В квартире скульптора по-прежнему толклись гости. Общий градус опьянения перевалил уже за ту роковую черту, когда люди начинают засыпать там, где пили. Приятели покойного сдавались без боя. В большой запущенной квартире Стаса тут и там валялись поверженные тела. Казалось, здесь наспех организован военно-полевой госпиталь, куда приносят с поля боя тяжелораненых.
Переступив через чье-то распростертое тело, Александра заглянула в столовую и обнаружила, что Стас тоже спит. В отличие от своих гостей, скульптор устроился с удобствами, на диване. Под его буйной курчавой головой красовалась даже подушка в чистой наволочке, а могучее тело было прикрыто пледом. Марья Семеновна, в довершение сходства с лазаретом отчего-то одетая в белый медицинский халат, с угрюмым видом убирала со стола. Точнее, пыталась убрать. Ей очень мешали заснувшие за столом гости.
– Явилась! – сердито крикнула она, увидев Александру. – Позже еще не могла? – А едва художница объяснила цель своего визита, возмутилась: – Бесстыжая ты, Сашка, как я погляжу! Даже эти забубенные головушки помянули покойника, одна ты не соизволила. И нечего тут свое барахло оставлять. Мне его охранять некогда.
– Но Стас позволил бы… – заикнулась было женщина.
Робкое возражение вызвало целую бурю. Уперши в бока костлявые коричневые кулаки, старая домработница без стеснения высказала все, что думала о приживальщиках обоих полов, которые мешали ее подопечному жить по-человечески. Из ее не слишком вежливых сентенций следовало, что корень зла таился именно в хитрых и двуличных людях, которые норовили сдать скульптору вещи на хранение.
– У нас вечно толкутся дружки его, модели приходят… А ты картину притащила! Кто у тебя там? Голландец? А по мне хоть китаец. Не возьму и не возьму! Отвечай потом за эту мазню… А в чемодане что?
– Бумажки… – проговорила Александра уже без всякого энтузиазма. Она видела, что Марья Семеновна сильно не в духе.
– И бумажек не надо! – строптиво заявила «медсестра», пытливо разглядывая скромно стоявшего на пороге Олега. – А это кто?
– Знакомый… – вздохнула Александра. – Так что же с вещами? Мне на вокзал пора ехать…
– Чемодан в зубы и езжай! – напутствовала ее старуха.

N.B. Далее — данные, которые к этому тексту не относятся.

-- ===== src/Exception.antt =====
-- src/exception.rs: a guest's access to an address that no memory backs traps, and is emulated.
-- The constants are those of src/registers.rs.
pub mod Decode
use mini_visor_real_device.Base.{
  ℕ, ◌+◌, ◌-◌, ◌^◌, ◌%◌, bit_and, bit_or, Bool, Option, none, some, List, ◌!=◌, ◌==◌, if◌then◌else◌,
  Exec, done, panic, ◌>>=◌, ◌>>◌, index, set, ◌<<<◌, ◌>>>◌, unwrap,
}
use mini_visor_real_device.Vm.{Vm, Hypervisor, get_current_vm, handle_mmio_read, handle_mmio_write}

abbrev pub esr_el2_ec_bits_offset : ℕ
esr_el2_ec_bits_offset = 26

abbrev pub esr_el2_ec : ℕ
esr_el2_ec = 0b111111 <<< esr_el2_ec_bits_offset

abbrev pub esr_el2_ec_data_abort : ℕ
esr_el2_ec_data_abort = 0b100100 <<< 26

abbrev pub esr_el2_iss_isv : ℕ
esr_el2_iss_isv = 1 <<< 24

abbrev pub esr_el2_iss_sas_bits_offset : ℕ
esr_el2_iss_sas_bits_offset = 22

abbrev pub esr_el2_iss_sas : ℕ
esr_el2_iss_sas = 0b11 <<< esr_el2_iss_sas_bits_offset

abbrev pub esr_el2_iss_srt_bits_offset : ℕ
esr_el2_iss_srt_bits_offset = 16

abbrev pub esr_el2_iss_srt : ℕ
esr_el2_iss_srt = 0b11111 <<< esr_el2_iss_srt_bits_offset

abbrev pub esr_el2_iss_sf : ℕ
esr_el2_iss_sf = 1 <<< 15

abbrev pub esr_el2_iss_wnr : ℕ
esr_el2_iss_wnr = 1 <<< 6

abbrev pub hpfar_el2_fipa_bits_offset : ℕ
hpfar_el2_fipa_bits_offset = 4

-- `((1 << 44) - 1) & !((1 << 4) - 1)`
abbrev pub hpfar_el2_fipa : ℕ
hpfar_el2_fipa = 2 ^ 44 - 2 ^ 4

abbrev pub page_shift : ℕ
page_shift = 12

-- What the vector saved of the guest, and the system registers of the exception.
pub record Trap : Type 0 where
  pub registers : List ℕ
  pub esr_el2 : ℕ
  pub hpfar_el2 : ℕ
  pub far_el2 : ℕ
  pub elr_el2 : ℕ

-- The address that the guest accessed: the page is in HPFAR_EL2, the offset in FAR_EL2.
unfoldable pub fault_address : (hpfar_el2 far_el2 : ℕ) → ℕ
fault_address hpfar_el2 far_el2 =
    bit_or ((bit_and hpfar_el2 hpfar_el2_fipa >>> hpfar_el2_fipa_bits_offset) <<< page_shift)
      (bit_and far_el2 (1 <<< page_shift - 1))

unfoldable pub access_width_of : ℕ → Exec ℕ
access_width_of sas =
    if sas == 0b00
    then done 8
    else if sas == 0b01
    then done 16
    else if sas == 0b10
    then done 32
    else if sas == 0b11
    then done 64
    else panic

unfoldable pub advance_elr_el2 : Trap → Trap
advance_elr_el2 t = record t { elr_el2 = (t.elr_el2 + 4) % 2 ^ 64 }

module _ {S : Type 0} where
  -- The access of the guest, once the syndrome is taken apart. `expect` panics on Err.
  unfoldable pub emulate :
      Hypervisor S
      → S
      → Trap
      → (is_write_access is_64bit_register : Bool) → (access_width register_number address : ℕ)
      → Exec (Trap × S)
  emulate h s t is_write_access is_64bit_register access_width register_number address = do
    register ← index t.registers register_number
    vm ← get_current_vm h
    if is_write_access
        then (do
          (r, s') ←
              handle_mmio_write vm s address access_width
                (if is_64bit_register then register else bit_and register (2 ^ 32 - 1))
          unwrap r
          done (t, s'))
        else (do
          (r, s') ← handle_mmio_read vm s address access_width
          value ← unwrap r
          done (record t { registers = set t.registers register_number value }, s'))

  unfoldable pub data_abort_handler : Hypervisor S → S → Trap → Exec (Trap × S)
  unfolding emulate fault_address access_width_of
  data_abort_handler h s t = if bit_and t.esr_el2 esr_el2_iss_isv == 0 then panic else do
    access_width ←
        access_width_of (bit_and t.esr_el2 esr_el2_iss_sas >>> esr_el2_iss_sas_bits_offset)
    (t', s') ←
        emulate h s t (bit_and t.esr_el2 esr_el2_iss_wnr != 0)
          (bit_and t.esr_el2 esr_el2_iss_sf != 0) access_width
          (bit_and t.esr_el2 esr_el2_iss_srt >>> esr_el2_iss_srt_bits_offset)
          (fault_address t.hpfar_el2 t.far_el2)
    done (advance_elr_el2 t', s')

  unfoldable pub synchronous_handler : Hypervisor S → S → Trap → Exec (Trap × S)
  unfolding data_abort_handler
  synchronous_handler h s t =
      if bit_and t.esr_el2 esr_el2_ec == esr_el2_ec_data_abort
      then data_abort_handler h s t
      else panic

Повернувшись, женщина пошла к выходу. Ее спутник не отставал, безропотно влача увесистую поклажу. Уже на лестнице он нерешительно предложил:
– Я могу отвезти все к себе.
– Да ведь от тебя, можно сказать, прячу! – всплеснула руками женщина, ошеломленная подобной наглостью.
– От меня? Почему?
Буханков произнес это так просто и вместе с тем обиженно, что Александра всерьез усомнилась в обоснованности своих подозрений. «Ключ мог взять кто угодно. Я злюсь на него из-за нелепого вранья с молитвенником… Но всю ли правду мне говорит Эрдель?! Лыгину я тоже верила безусловно, не рассуждая, и вот расплата! Чем Олег хуже их? Чем они святее его?»
– Даже не знаю…
Нерешительное высказывание, сорвавшееся с ее губ, подействовало на Олега как живительный эликсир. Он тут же воспрянул духом и взбудораженно заговорил:
– Что тут думать? Ты можешь считать меня мошенником, штопающим книги, но что я ворую картины, да еще такие паршивые, ты утверждать не смеешь!

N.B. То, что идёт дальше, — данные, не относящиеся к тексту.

-- ===== src/Exception/Decode.antt =====
-- How the handlers of src/exception.rs take the syndrome and the address registers apart.
use mini_visor_real_device.Base.{
  ℕ, zero, suc, ◌+◌, ◌-◌, ◌*◌, ◌/◌, ◌%◌, ◌^◌, ◌<◌, ◌≡◌, refl, ◌∙◌, bit_and, ◌!=◌, ◌==◌,
  if◌then◌else◌, Exec, done, panic, ◌>>=◌, arith, ◌<<<◌, ◌>>>◌, bit_and_shifted, bit_and_mask,
  bit_or_fields, ap,
}
use native.Mathlib.Nat.{one-le-pow, mul-div_cancel}
use mini_visor_real_device.Vm.{Hypervisor}
use mini_visor_real_device.Exception.{
  Trap, fault_address, access_width_of, data_abort_handler, synchronous_handler, emulate,
  advance_elr_el2, esr_el2_ec_data_abort, esr_el2_ec,
}

-- The field of `n` bits at bit `k` of a syndrome, as the code cuts it out.
field_eq : (k n a : ℕ) → (bit_and a ((2 ^ n - 1) <<< k)) >>> k ≡ a / 2 ^ k % 2 ^ n
field_eq k n a =
    rw (bit_and_shifted k a (2 ^ n - 1), bit_and_mask n (a / 2 ^ k))
      (mul-div_cancel (a / 2 ^ k % 2 ^ n) (omega (arith, one-le-pow k 2)))

flag_eq : (k a : ℕ) → bit_and a (1 <<< k) ≡ a / 2 ^ k % 2 * 2 ^ k
flag_eq k a = bit_and_shifted k a 1 ∙ ap (λ x. x * 2 ^ k) (bit_and_mask 1 (a / 2 ^ k))

-- The address that the handler computes is the page number of HPFAR_EL2, bits 43 to 4, followed by
-- the low twelve bits of FAR_EL2.
pub fault_address-Composed :
    (hpfar_el2 far_el2 : ℕ)
    → fault_address hpfar_el2 far_el2 ≡ hpfar_el2 % 2 ^ 44 / 2 ^ 4 * 2 ^ 12 + far_el2 % 2 ^ 12
unfolding fault_address
fault_address-Composed hpfar_el2 far_el2 =
    let page : bit_and hpfar_el2 (2 ^ 44 - 2 ^ 4) ≡ hpfar_el2 / 16 % 2 ^ 40 * 16 =
      bit_and_shifted 4 hpfar_el2 (2 ^ 40 - 1)
      ∙ ap (λ x. x * 16) (bit_and_mask 40 (hpfar_el2 / 16)) in
    let offset : bit_and far_el2 (2 ^ 12 - 1) ≡ far_el2 % 4096 = bit_and_mask 12 far_el2 in
    rw (page, offset)
      (bit_or_fields 12 (hpfar_el2 / 16 % 2 ^ 40 * 16 / 16) (far_el2 % 4096) (omega arith)
        ∙ omega arith)

-- The syndrome of a data abort, by the fields of the architecture: those the handler reads, and
-- the bits between them.
pub record Syndrome : Type 0 where
  pub il : ℕ
  pub isv : ℕ
  pub sas : ℕ
  pub sse : ℕ
  pub srt : ℕ
  pub sf : ℕ
  pub ar_to_s1ptw : ℕ
  pub wnr : ℕ
  pub dfsc : ℕ

-- Every field fits its bits.
pub record IsSyndrome (y : Syndrome) : Type 0 where
  pub il_lt : y.il < 2
  pub isv_lt : y.isv < 2
  pub sas_lt : y.sas < 4
  pub sse_lt : y.sse < 2
  pub srt_lt : y.srt < 32
  pub sf_lt : y.sf < 2
  pub ar_to_s1ptw_lt : y.ar_to_s1ptw < 256
  pub wnr_lt : y.wnr < 2
  pub dfsc_lt : y.dfsc < 64

unfoldable pub encode : Syndrome → ℕ
encode y =
    0b100100 * 2 ^ 26
    + y.il * 2 ^ 25
    + y.isv * 2 ^ 24
    + y.sas * 2 ^ 22
    + y.sse * 2 ^ 21
    + y.srt * 2 ^ 16
    + y.sf * 2 ^ 15
    + y.ar_to_s1ptw * 2 ^ 7
    + y.wnr * 2 ^ 6
    + y.dfsc

module _ (y : Syndrome) (ok : IsSyndrome y) where
  sas_eq : bit_and (encode y) (0b11 <<< 22) >>> 22 ≡ y.sas
  unfolding encode
  sas_eq = field_eq 22 2 (encode y) ∙ omega arith

  srt_eq : bit_and (encode y) (0b11111 <<< 16) >>> 16 ≡ y.srt
  unfolding encode
  srt_eq = field_eq 16 5 (encode y) ∙ omega arith

  class_eq : bit_and (encode y) esr_el2_ec ≡ esr_el2_ec_data_abort
  unfolding encode
  class_eq =
      let e : bit_and (encode y / 2 ^ 26) (2 ^ 6 - 1) ≡ 36 =
        bit_and_mask 6 (encode y / 2 ^ 26) ∙ omega arith in
      bit_and_shifted 26 (encode y) 0b111111 ∙ ap (λ x. x * 2 ^ 26) e

  isv_eq : (bit_and (encode y) (1 <<< 24) == 0) ≡ (y.isv == 0)
  unfolding encode
  isv_eq =
      let e : bit_and (encode y) (1 <<< 24) ≡ y.isv * 2 ^ 24 =
        flag_eq 24 (encode y) ∙ omega arith in
      rw e (ground arith)

  sf_eq : (bit_and (encode y) (1 <<< 15) != 0) ≡ (y.sf == 1)
  unfolding encode
  sf_eq =
      let e : bit_and (encode y) (1 <<< 15) ≡ y.sf * 2 ^ 15 = flag_eq 15 (encode y) ∙ omega arith in
      rw e (ground arith)

  wnr_eq : (bit_and (encode y) (1 <<< 6) != 0) ≡ (y.wnr == 1)
  unfolding encode
  wnr_eq =
      let e : bit_and (encode y) (1 <<< 6) ≡ y.wnr * 2 ^ 6 = flag_eq 6 (encode y) ∙ omega arith in
      rw e (ground arith)

-- The size of an access in bits, as the architecture numbers it.
access_width_of_lem : (sas : ℕ) → sas < 4 → access_width_of sas ≡ done (8 * 2 ^ sas)
unfolding access_width_of
access_width_of_lem zero h = refl
access_width_of_lem (suc zero) h = refl
access_width_of_lem (suc (suc zero)) h = refl
access_width_of_lem (suc (suc (suc zero))) h = refl
access_width_of_lem (suc (suc (suc (suc n)))) h = absurd (omega arith)

-- What a guest's access with that syndrome does: without valid syndrome information the hypervisor
-- panics; otherwise it emulates the access that the fields describe, and the guest goes on at the
-- next instruction.
unfoldable pub access : {S : Type 0} → Hypervisor S → S → Trap → Syndrome → Exec (Trap × S)
access h s t y =
    if y.isv == 0
    then panic
    else emulate h s t (y.wnr == 1) (y.sf == 1) (8 * 2 ^ y.sas) y.srt
        (t.hpfar_el2 % 2 ^ 44 / 2 ^ 4 * 2 ^ 12 + t.far_el2 % 2 ^ 12)
      >>= (λ (t', s'). done (record t' { elr_el2 = (t'.elr_el2 + 4) % 2 ^ 64 }, s'))

-- The trap of a data abort whose syndrome is made of fields that each fit their bits is handled as
-- the architecture describes the access: its direction, the width of its register, its size, its
-- register and its address; it panics where the syndrome is not valid.
pub synchronous_handler-access :
    {S : Type 0} (h : Hypervisor S) (s : S) (t : Trap) (y : Syndrome)
    → IsSyndrome y
    → t.esr_el2 ≡ encode y
    → synchronous_handler h s t ≡ access h s t y
unfolding synchronous_handler data_abort_handler access advance_elr_el2
synchronous_handler-access h s t y ok eq =
    rw
      (
        eq,
        class_eq y ok,
        isv_eq y ok,
        sas_eq y ok,
        srt_eq y ok,
        sf_eq y ok,
        wnr_eq y ok,
        access_width_of_lem y.sas ok.sas_lt,
        fault_address-Composed t.hpfar_el2 t.far_el2,
      )
      refl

– Картина правда никудышная! – невольно заулыбалась Александра. – Я бы и прятать ее не стала, но вдруг у вора окажется плохой вкус…
Она передала Олегу картину, и они вместе пошли вниз по стертым мраморным ступенькам, напоминающим размякшие куски сала.
Лично уложив в багажник джипа чемодан и картину, Александра, уже не колеблясь, позволила Олегу отвезти себя на вокзал. Приходилось спешить. Она хотела взять билеты подешевле на поезд, отходящий до десяти вечера.
На Ленинградском вокзале Олег все так же следовал за женщиной по пятам. Не успела она возразить, как ее спутник за свой счет приобрел билеты – туда и обратно.
Александра возмутилась:
– Это еще зачем? У меня есть деньги. Вот, возьми…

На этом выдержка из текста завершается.